Страшно одному?
— Не в страхе дело, в тоскливости. Страх можно разумом приглушить, рассуждением. Тоску тяжельше сломить. А когда с тобой в лесу еще кто-то живой — веселее. Собака — она и согреет и голос подаст на зверя. А в тот случай я, значит, без собаки был. Один. Иду, иду по следу, и на душу неспокойность легла. Всегда ведь чуешь, когда за тобой кто-то следит. Шел, шел да и обернулся. А рысь шагах в двадцати стоит и на меня глядит. И как лапу переставляла, так с поднятой лапой и замерла. Как бы растерялась.
Николай вдруг прислушивается, поднимается с табуретки, торопит нас.
— Ну, а рысь? — спрашиваем в голос, не понимая его внезапной спешки.
— А что рысь… убил. Вреда от нее лесной живности много. Глухарей на токах несчетно ловит. Тот распушится, начнет чуфыркать и только в азарт войдет, рысь его — хвать. Чабаны жалуются: во время окота рысь свирепствует, — шепчет Николай и торопливо идет к двери, неслышно ступая старыми кирзовыми сапогами.
— Па-ап! — вдруг доносится из соседней комнаты. — Па-ап, возьми!
Николай укоризненно смотрит на нас. А восьмилетний Сашка уж рядом с ворохом одежды.
— Подкараулил-таки, — улыбается отец. — В голо-
се его нет недовольства. Наоборот, нотки еле сдерживаемой радости и одобрения. Сашка, уловив благонастроенность отца, быстро натягивает рубаху и штаны.
— Нет, сынок, в другой раз. Дядя, — кивает на Борю, — будет глухарей фотографировать. К птице близко подползать надо. А когда много народу, сам знаешь, какая охота.
Сашка просительно поглядел на нас, но отец взял сына за руку и увел спать.
— Хлебом не корми — лишь бы в лес, — смеется отец молодым лицом. — Недавно всю ораву на токованье ночью водил. Всех пятерых, даже младшенькую.
— Пятилетнюю-то? — неподдельно удивились мы.
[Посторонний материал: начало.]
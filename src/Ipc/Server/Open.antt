-- ===== src/Ipc/Server/Open.antt =====
-- What holds of the sessions at all times.
use rcu.Base.{
  ℕ, ◌+◌, ◌-◌, ◌≤◌, ◌<◌, ◌≡◌, ◌≢◌, inl, inr, refl, sym, ap, ◌∙◌, subst, Bool, true, false, ◌||◌,
  Option, none, some, [], arith, ltb, leb, ◌==◌, All, Bool-cases, pos, negsuc, ℤ, leb-false,
}
use rcu.Ipc.Request.{Result, success, not_found, succeeded, Data, parse_request}
use rcu.Ipc.Server.{
  Server, init, close_handle, add_session, shift_down, delete_session, process_new_session, Handler,
  Exchange, Wake, After, unserved, close_if, serve, process_session, process_at, process,
}
use rcu.Ipc.Server.Sessions.{shift_down_lem}

-- The port is open at index 0 and was never closed, no session is open twice, and there are at most
-- `n` sessions.
abbrev pub IsOpen : ℕ → ℕ → Server → Type 0
IsOpen n port s =
    (1 ≤ s.count)
    × (s.count ≤ s.max)
    × (s.max ≡ n + 1)
    × (s.handles 0 ≡ port)
    × ((i j : ℕ) → i < s.count → j < s.count → s.handles i ≡ s.handles j → i ≡ j)
    × All (λ h. h ≢ port) s.closed

-- The kernel gives no handle that is open.
abbrev pub IsFresh : ℕ → Server → Type 0
IsFresh session s = (i : ℕ) → i < s.count → s.handles i ≢ session

close_handle-IsOpen :
    (n port h : ℕ) (s : Server) → h ≢ port → IsOpen n port s → IsOpen n port (close_handle h s)
close_handle-IsOpen n port h s ne o = (o.0, o.1, o.2, o.3, o.4, (ne, o.5))

module _ (n port : ℕ) (s : Server) (o : IsOpen n port s) where
  add_session-IsOpen : (session : ℕ) → IsFresh session s → IsOpen n port (add_session session s).1
  unfolding add_session
  add_session-IsOpen session fresh = elim (Bool-cases (leb s.max s.count)) [
    | inl full ↦ rw full o
    | inr room ↦ rw room (
      omega arith,
      omega (arith, leb-false s.max s.count room, o),
      o.2,
      ground (arith, o),
      λ i j hi hj e. ground (arith, e, o.4 i j, fresh i, fresh j),
      o.5,
    )
  ]

  in_use : (index : ℕ) → index == 0 || leb s.count index ≡ false → (0 < index) × (index < s.count)
  in_use index h = ground arith

  shifted_once :
      (index i j : ℕ)
      → 0 < index
      → index < s.count
      → i < s.count - 1
      → j < s.count - 1
      → shift_down (s.count - 1 - index) index s.handles i
        ≡ shift_down (s.count - 1 - index) index s.handles j
      → i ≡ j
  shifted_once index i j above below hi hj e = ground (
    arith,
    e,
    shift_down_lem (s.count - 1 - index) index s.handles i,
    shift_down_lem (s.count - 1 - index) index s.handles j,
    o.4 i j,
    o.4 (i + 1) j,
    o.4 i (j + 1),
    o.4 (i + 1) (j + 1),
  )

  delete_session-IsOpen : (index : ℕ) → IsOpen n port (delete_session index s).1
  unfolding delete_session
  delete_session-IsOpen index = elim (Bool-cases (index == 0 || leb s.count index)) [
    | inl unused ↦ rw unused o
    | inr used ↦
        let (above, below) = in_use index used in
        rw used (
          omega (arith, above, below),
          omega (arith, o),
          o.2,
          ground (arith, o, shift_down_lem (s.count - 1 - index) index s.handles 0, above),
          λ i j hi hj e. shifted_once index i j above below hi hj e,
          (λ e. omega (arith, above, o.4 index 0 below o.0 (e ∙ sym o.3)), o.5),
        )
  ]

  close_if-IsOpen : (b : Bool) (index : ℕ) → IsOpen n port (close_if b index s)
  close_if-IsOpen true index = delete_session-IsOpen index
  close_if-IsOpen false index = o

  process_new_session-IsOpen :
      (accepted : Result) (session : ℕ)
      → IsFresh session s
      → IsOpen n port (process_new_session (accepted, session) s).1
  unfolding process_new_session
  process_new_session-IsOpen accepted session fresh = elim (Bool-cases (succeeded accepted)) [
    | inl got ↦ elim (Bool-cases (succeeded (add_session session s).0)) [
      | inl added ↦ rw (got, added) (add_session-IsOpen session fresh)
      | inr refused ↦
          rw (got, refused)
            (close_handle-IsOpen n port session (add_session session s).1
              (λ e. fresh 0 o.0 (o.3 ∙ sym e)) (add_session-IsOpen session fresh))
    ]
    | inr lost ↦ rw lost o
  ]

  module _ {S R : Type 0} (handler : Handler S R) (state : S) where
    serve-IsOpen :
        (index : ℕ) (x : Exchange) (d : Option Data)
        → IsOpen n port (serve handler index x d state s).server
    unfolding serve
    serve-IsOpen index x none = delete_session-IsOpen index
    serve-IsOpen index x (some d) = close_if-IsOpen _ index

    process_session-IsOpen :
        (index : ℕ) (x : Exchange) → IsOpen n port (process_session handler index x state s).server
    unfolding process_session
    process_session-IsOpen index x = elim (Bool-cases (succeeded x.received)) [
      | inl e ↦ rw e (serve-IsOpen index x (parse_request x.hipc))
      | inr e ↦ rw e (delete_session-IsOpen index)
    ]

    process_at-IsOpen :
        (w : Wake) (i : ℕ)
        → IsFresh w.accepted.1 s
        → IsOpen n port (process_at handler w i state s).server
    process_at-IsOpen w i fresh = elim (Bool-cases (leb s.count i)) [
      | inl e ↦ rw e o
      | inr e ↦ elim (Bool-cases (i == 0)) [
        | inl z ↦ rw (e, z) (process_new_session-IsOpen w.accepted.0 w.accepted.1 fresh)
        | inr z ↦ rw (e, z) (process_session-IsOpen i w.exchange)
      ]
    ]

    pub process-IsOpen :
        (w : Wake) → IsFresh w.accepted.1 s → IsOpen n port (process handler w state s).server
    unfolding process
    process-IsOpen w fresh = elim (Bool-cases (succeeded w.waited)) [
      | inl e ↦ rw e (at_index w.index)
      | inr e ↦ rw e o
    ]
      where
        at_index :
            (index : ℤ)
            → IsOpen n port
                (elim index as (λ k. After S R) [
                  | pos i ↦ process_at handler w i state s
                  | negsuc i ↦ unserved not_found state s
                ]).server
        at_index (negsuc i) = o
        at_index (pos i) = process_at-IsOpen w i fresh

-- The server after `ipcServerInit` has registered the service, and after calls of `ipcServerProcess`,
-- where a session that is accepted has a handle that is not open.
pub data Reached {S R : Type 0} (handler : Handler S R) (wait_objects n port : ℕ)
    : S → Server → Type 0 where
  registered :
      (state : S) (s t : Server)
      → s.closed ≡ []
      → init wait_objects n (success, port) s ≡ (success, t)
      → Reached handler wait_objects n port state t
  processed :
      (state : S) (s : Server) (w : Wake)
      → Reached handler wait_objects n port state s
      → IsFresh w.accepted.1 s
      → Reached handler wait_objects n port
          (process handler w state s).state
          (process handler w state s).server

init-IsOpen :
    (wait_objects n port : ℕ) (s t : Server)
    → s.closed ≡ []
    → init wait_objects n (success, port) s ≡ (success, t)
    → IsOpen n port t
unfolding init
init-IsOpen wait_objects n port s t none_closed h =
    elim (Bool-cases (ltb n 1 || ltb (wait_objects - 1) n)) [
      | inl bad ↦ absurd (cc (rw bad at h))
      | inr fine ↦
          subst (IsOpen n port) (ap (λ (p : Result × Server). p.1) (rw fine at h))
            (omega arith, omega arith, refl, refl, λ i j hi hj e. omega arith, rw none_closed tt)
    ]

-- However often `ipcServerProcess` is called after a successful `ipcServerInit`, the port stays open
-- at index 0 and is never closed, the open handles differ, and they are at most as many as the
-- sessions that were asked for and the port; the kernel is taken to give each session a handle that
-- is not open.
pub Reached-IsOpen :
    {S R : Type 0} (handler : Handler S R) (wait_objects n port : ℕ) (state : S) (s : Server)
    → Reached handler wait_objects n port state s
    → IsOpen n port s
Reached-IsOpen handler wait_objects n port state s (registered _ r t c h) =
    init-IsOpen wait_objects n port r t c h
Reached-IsOpen handler wait_objects n port state s (processed before r w reached fresh) =
    process-IsOpen n port r (Reached-IsOpen handler wait_objects n port before r reached) handler
      before w fresh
— А что, пускай сызмальства к лесу привыкает. Сгодится в жизни. Лес — он, знаете… — задумался, подбирая подходящие слова. Десять лет на лесной работе. За эти годы так привык, что другое дело и окружение показались бы неуютными, лишенными всякого интереса.
Все у него от леса. Дом, в котором ни зимние морозы, ни летняя жара, ни осенние нудные дожди нестрашны. Мясо, травы съедобные и избавляющие от болезней, грибы, ягоды; чай — и тот из бадановых листьев. Радости и печали — все лесом предопределяется. Нутром Николай понимал значение леса, а слова не давались.
— Лес, он знаете… — и только махнул рукой бессильно, досадуя на себя.
На дворе было темно и тихо. Звезды не проклюнулись сквозь невидимые, туго спрессованные облака, и поэтому небо казалось низким и тяжелым. Сгустками черноты проступали близкие домишки маленького села. Света — ни в одном. Какой резон людям в глухую ночь не спать й жечь керосиновые лампы? Тут и днем-то делать нечего.
Громко лая, к крыльцу подбежала собака. Лесник добродушно отогнал ее. Вывел из конюшни служебную лошадь Сёмиху. От нее шел дух теплой конюшни.
Приласкал лошадь, кинул на круп два полушубка, чтобы в скрадке отогнать утреннюю дрожь, и мы двинулись к перевалу.
Впереди — Николай ведет Сёмиху и щупает ногами дорожную колею, вдребезги разъезженную куяганскими машинами. Следом — мы. Идем молча, бережем дыхание, спотыкаемся на льду. Под ногами тьма-тьмущая. Торопимся, боясь отстать от ходкого проводника.
Где-то сбоку по чуть синеватому оттенку угадываются горы. Молчаливые и сумрачные. Дрожь прокатывается по телу, как представишь там себя одного. Стараемся не представлять. Молчим. И Николай молчит. Изредка оборачивается с одним и тем же вопросом:
— Устали? А то лезьте на Сёмиху.
— Нет, — отвечаем, — не устали, — хотя в висках стучит от тяжелой ходьбы и высокогорья. Усталость удваивается, когда не видишь, не знаешь конца пути и не представляешь себе, как надо расходовать силы. Но перед лесником не хочется показать слабость. Он виду, может, и не подаст, но усмехнется в темноте снисходительно: дескать, городские, что с них возьмешь… Им на асфальте способнее…
Наконец Николай разгадал нас. Остановил Сёмиху, расправил лохматый ворох шуб на ее спине.